Reproduce exactly, and only, the lines below from the one containing "let cs = classes_of chosen in" through the one containing "let same : signature".

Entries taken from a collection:
————

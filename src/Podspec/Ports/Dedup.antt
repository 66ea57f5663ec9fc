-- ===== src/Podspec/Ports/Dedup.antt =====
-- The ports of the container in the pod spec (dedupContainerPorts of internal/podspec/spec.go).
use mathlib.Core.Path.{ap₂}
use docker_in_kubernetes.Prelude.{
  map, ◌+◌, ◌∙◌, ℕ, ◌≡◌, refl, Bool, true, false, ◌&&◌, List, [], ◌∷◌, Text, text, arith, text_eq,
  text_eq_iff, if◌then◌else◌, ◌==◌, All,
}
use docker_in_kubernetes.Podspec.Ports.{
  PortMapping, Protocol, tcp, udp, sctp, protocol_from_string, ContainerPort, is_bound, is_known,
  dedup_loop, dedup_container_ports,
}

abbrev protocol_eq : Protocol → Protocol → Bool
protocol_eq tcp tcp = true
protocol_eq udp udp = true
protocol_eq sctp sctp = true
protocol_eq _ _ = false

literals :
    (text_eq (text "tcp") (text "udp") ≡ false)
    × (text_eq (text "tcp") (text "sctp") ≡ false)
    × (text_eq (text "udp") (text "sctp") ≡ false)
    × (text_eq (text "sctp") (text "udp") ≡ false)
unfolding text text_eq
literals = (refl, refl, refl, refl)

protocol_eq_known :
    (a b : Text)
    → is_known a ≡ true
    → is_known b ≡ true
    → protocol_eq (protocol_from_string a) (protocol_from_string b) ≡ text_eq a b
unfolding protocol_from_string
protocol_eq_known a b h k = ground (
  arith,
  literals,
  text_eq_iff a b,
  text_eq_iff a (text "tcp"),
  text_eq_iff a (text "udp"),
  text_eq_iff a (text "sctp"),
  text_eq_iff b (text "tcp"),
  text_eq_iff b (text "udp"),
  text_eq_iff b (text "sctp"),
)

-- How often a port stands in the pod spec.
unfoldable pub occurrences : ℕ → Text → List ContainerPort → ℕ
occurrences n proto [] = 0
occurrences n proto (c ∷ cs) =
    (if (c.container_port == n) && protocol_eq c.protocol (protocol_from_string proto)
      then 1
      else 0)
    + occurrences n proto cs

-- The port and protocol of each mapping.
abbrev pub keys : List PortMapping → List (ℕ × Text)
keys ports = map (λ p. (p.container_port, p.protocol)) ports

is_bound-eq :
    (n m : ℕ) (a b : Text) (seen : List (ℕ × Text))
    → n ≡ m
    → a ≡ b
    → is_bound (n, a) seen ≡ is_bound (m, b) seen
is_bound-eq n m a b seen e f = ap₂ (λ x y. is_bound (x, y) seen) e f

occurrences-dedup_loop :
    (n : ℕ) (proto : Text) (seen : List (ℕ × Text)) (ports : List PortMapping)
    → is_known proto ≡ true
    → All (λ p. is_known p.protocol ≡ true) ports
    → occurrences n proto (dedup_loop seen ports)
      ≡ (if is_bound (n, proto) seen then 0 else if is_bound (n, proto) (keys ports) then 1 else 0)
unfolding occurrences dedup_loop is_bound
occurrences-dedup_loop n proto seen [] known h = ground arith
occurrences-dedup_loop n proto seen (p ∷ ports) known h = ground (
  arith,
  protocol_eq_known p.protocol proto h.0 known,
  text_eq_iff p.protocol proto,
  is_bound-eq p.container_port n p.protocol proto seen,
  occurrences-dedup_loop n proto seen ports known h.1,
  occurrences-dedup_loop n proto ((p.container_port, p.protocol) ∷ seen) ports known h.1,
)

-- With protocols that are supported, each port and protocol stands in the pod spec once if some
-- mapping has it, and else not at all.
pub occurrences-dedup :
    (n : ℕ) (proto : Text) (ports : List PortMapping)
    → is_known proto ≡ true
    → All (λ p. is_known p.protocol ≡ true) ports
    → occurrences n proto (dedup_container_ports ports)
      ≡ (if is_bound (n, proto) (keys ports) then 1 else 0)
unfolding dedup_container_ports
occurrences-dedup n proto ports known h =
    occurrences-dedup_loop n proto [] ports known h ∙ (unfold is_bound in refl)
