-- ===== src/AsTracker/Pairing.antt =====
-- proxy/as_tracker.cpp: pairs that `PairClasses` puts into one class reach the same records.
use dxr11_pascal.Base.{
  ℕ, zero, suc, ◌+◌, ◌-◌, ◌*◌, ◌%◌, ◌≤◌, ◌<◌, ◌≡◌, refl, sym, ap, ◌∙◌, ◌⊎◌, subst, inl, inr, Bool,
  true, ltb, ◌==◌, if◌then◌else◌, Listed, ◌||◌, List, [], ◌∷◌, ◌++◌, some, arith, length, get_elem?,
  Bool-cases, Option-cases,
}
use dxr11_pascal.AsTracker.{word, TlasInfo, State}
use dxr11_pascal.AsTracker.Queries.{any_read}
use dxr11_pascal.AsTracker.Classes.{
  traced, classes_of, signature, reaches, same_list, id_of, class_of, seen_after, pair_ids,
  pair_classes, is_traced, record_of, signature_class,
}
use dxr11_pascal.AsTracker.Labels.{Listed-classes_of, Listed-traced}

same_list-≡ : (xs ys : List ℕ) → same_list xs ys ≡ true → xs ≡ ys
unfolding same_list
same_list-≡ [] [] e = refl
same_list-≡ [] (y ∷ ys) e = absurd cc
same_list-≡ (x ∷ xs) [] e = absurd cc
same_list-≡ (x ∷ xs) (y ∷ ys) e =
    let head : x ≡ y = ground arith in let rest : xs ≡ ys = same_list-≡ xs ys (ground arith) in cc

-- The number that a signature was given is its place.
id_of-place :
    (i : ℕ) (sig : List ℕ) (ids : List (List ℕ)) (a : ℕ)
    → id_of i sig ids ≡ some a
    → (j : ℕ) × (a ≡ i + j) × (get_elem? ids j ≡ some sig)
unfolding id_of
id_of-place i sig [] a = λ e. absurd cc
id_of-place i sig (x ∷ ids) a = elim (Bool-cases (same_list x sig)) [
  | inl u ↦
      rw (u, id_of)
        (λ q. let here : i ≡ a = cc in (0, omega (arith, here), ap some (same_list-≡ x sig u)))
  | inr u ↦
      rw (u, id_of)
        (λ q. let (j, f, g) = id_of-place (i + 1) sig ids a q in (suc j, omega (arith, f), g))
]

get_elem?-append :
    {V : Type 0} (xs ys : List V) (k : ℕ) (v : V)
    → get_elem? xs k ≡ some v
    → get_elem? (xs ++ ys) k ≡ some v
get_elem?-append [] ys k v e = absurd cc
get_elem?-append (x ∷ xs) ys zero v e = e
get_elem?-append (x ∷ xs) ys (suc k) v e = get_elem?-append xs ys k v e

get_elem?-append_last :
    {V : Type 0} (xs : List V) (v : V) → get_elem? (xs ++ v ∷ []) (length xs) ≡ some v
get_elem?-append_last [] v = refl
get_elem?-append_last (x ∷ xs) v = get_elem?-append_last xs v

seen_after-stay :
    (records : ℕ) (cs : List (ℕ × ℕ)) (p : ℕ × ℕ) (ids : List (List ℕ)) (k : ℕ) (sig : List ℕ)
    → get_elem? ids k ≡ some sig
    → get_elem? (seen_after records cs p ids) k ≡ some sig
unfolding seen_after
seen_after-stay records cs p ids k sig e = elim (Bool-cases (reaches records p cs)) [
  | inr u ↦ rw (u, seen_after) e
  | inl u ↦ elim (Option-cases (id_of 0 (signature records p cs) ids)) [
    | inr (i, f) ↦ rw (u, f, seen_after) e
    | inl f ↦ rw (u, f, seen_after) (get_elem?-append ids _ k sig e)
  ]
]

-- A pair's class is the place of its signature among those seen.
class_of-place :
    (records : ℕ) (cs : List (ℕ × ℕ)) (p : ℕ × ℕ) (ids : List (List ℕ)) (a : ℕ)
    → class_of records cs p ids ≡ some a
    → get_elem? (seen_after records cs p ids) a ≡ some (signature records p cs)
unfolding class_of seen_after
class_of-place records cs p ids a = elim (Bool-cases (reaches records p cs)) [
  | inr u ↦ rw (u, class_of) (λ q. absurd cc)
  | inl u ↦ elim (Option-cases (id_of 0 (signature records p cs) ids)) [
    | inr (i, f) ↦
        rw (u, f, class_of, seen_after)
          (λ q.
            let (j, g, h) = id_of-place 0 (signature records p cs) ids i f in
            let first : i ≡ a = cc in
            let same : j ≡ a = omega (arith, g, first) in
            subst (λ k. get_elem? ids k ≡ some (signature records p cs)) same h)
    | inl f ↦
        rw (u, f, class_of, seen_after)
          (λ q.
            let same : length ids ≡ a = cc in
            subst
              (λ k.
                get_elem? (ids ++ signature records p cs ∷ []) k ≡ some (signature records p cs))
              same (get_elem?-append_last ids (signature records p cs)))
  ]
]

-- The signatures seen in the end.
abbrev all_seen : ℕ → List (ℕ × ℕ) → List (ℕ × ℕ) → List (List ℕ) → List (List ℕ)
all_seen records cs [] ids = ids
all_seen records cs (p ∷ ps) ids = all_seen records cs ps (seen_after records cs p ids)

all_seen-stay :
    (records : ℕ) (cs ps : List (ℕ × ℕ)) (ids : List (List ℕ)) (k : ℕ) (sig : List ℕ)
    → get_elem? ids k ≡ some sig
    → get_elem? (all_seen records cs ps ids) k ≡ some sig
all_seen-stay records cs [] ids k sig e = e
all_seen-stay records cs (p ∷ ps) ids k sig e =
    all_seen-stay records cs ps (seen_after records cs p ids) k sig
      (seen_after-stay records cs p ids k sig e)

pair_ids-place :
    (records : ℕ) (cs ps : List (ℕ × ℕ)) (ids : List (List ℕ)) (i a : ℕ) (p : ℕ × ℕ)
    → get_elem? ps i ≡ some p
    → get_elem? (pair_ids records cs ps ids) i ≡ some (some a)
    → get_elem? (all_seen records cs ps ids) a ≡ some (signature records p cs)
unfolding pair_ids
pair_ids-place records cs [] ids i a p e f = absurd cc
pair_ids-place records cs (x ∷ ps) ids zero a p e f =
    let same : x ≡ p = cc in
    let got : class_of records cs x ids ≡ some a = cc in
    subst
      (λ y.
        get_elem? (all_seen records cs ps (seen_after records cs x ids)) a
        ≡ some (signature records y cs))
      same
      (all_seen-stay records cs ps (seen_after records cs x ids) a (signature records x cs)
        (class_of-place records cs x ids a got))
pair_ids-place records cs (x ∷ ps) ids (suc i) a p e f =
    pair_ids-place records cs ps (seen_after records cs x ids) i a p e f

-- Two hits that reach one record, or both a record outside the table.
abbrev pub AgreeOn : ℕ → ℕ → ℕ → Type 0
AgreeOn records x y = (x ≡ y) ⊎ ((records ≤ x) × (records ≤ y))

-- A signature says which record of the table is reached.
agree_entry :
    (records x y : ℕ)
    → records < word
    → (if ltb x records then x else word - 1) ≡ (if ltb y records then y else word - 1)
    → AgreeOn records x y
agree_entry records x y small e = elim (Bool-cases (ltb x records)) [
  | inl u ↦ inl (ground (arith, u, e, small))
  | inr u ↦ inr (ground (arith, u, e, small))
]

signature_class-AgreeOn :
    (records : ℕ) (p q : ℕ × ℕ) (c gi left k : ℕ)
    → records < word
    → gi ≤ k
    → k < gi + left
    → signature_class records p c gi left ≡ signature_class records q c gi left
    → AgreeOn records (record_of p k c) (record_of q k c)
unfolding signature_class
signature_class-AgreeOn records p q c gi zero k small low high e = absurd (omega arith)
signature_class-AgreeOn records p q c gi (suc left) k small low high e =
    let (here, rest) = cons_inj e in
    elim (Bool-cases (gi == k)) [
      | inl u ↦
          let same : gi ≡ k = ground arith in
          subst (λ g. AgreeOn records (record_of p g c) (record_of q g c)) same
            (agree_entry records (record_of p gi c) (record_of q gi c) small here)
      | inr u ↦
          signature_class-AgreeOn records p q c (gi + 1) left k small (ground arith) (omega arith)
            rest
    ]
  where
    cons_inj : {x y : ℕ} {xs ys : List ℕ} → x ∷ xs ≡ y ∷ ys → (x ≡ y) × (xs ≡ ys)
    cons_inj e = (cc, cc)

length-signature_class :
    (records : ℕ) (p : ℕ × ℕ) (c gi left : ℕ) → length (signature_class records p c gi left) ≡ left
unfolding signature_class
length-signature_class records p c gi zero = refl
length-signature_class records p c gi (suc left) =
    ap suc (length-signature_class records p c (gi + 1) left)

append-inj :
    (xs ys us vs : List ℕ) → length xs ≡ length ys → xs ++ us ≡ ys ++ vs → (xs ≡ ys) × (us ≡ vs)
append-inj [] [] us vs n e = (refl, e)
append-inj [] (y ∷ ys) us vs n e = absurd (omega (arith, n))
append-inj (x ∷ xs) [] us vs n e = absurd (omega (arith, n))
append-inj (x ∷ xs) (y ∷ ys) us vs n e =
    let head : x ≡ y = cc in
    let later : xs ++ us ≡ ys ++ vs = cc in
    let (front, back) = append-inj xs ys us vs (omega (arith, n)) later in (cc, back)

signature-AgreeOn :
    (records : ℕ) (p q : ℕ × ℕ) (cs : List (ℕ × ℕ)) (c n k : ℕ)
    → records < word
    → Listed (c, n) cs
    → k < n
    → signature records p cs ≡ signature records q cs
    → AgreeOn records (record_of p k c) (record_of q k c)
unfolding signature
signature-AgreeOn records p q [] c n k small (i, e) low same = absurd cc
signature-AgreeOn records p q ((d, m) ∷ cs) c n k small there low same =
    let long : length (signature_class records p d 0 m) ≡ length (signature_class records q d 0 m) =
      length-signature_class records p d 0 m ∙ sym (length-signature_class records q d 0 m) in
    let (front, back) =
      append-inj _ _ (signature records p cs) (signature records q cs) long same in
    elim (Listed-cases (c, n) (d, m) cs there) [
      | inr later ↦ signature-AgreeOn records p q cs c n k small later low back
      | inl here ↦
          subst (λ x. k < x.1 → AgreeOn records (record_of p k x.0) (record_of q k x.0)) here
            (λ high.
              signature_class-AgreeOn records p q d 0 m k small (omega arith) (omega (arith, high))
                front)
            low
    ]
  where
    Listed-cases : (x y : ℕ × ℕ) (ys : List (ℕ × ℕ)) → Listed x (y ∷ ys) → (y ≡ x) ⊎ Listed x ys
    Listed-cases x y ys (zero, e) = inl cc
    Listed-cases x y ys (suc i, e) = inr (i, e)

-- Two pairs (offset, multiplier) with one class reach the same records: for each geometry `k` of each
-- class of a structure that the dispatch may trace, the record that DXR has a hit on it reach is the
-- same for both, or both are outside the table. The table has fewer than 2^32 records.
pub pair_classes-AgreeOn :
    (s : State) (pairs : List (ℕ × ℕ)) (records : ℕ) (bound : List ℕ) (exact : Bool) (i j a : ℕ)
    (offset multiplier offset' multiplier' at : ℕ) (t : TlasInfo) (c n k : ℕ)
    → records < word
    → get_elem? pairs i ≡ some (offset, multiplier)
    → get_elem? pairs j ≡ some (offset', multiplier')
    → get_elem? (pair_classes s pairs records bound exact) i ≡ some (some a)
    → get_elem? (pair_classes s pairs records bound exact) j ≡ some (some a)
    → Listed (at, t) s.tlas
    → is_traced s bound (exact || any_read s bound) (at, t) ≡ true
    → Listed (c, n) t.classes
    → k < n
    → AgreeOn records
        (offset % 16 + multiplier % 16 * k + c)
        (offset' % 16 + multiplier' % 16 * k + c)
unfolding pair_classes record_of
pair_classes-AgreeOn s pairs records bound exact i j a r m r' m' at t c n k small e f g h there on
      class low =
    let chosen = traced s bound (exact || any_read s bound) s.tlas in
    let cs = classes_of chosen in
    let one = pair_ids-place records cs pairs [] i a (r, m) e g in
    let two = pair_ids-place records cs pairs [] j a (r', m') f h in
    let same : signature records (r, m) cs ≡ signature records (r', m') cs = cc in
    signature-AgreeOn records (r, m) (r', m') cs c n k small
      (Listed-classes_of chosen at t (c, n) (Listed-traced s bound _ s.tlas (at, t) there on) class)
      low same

————

Solution:
    let cs = classes_of chosen in
    let one = pair_ids-place records cs pairs [] i a (r, m) e g in
    let two = pair_ids-place records cs pairs [] j a (r', m') f h in
    let same : signature records (r, m) cs ≡ signature records (r', m') cs = cc in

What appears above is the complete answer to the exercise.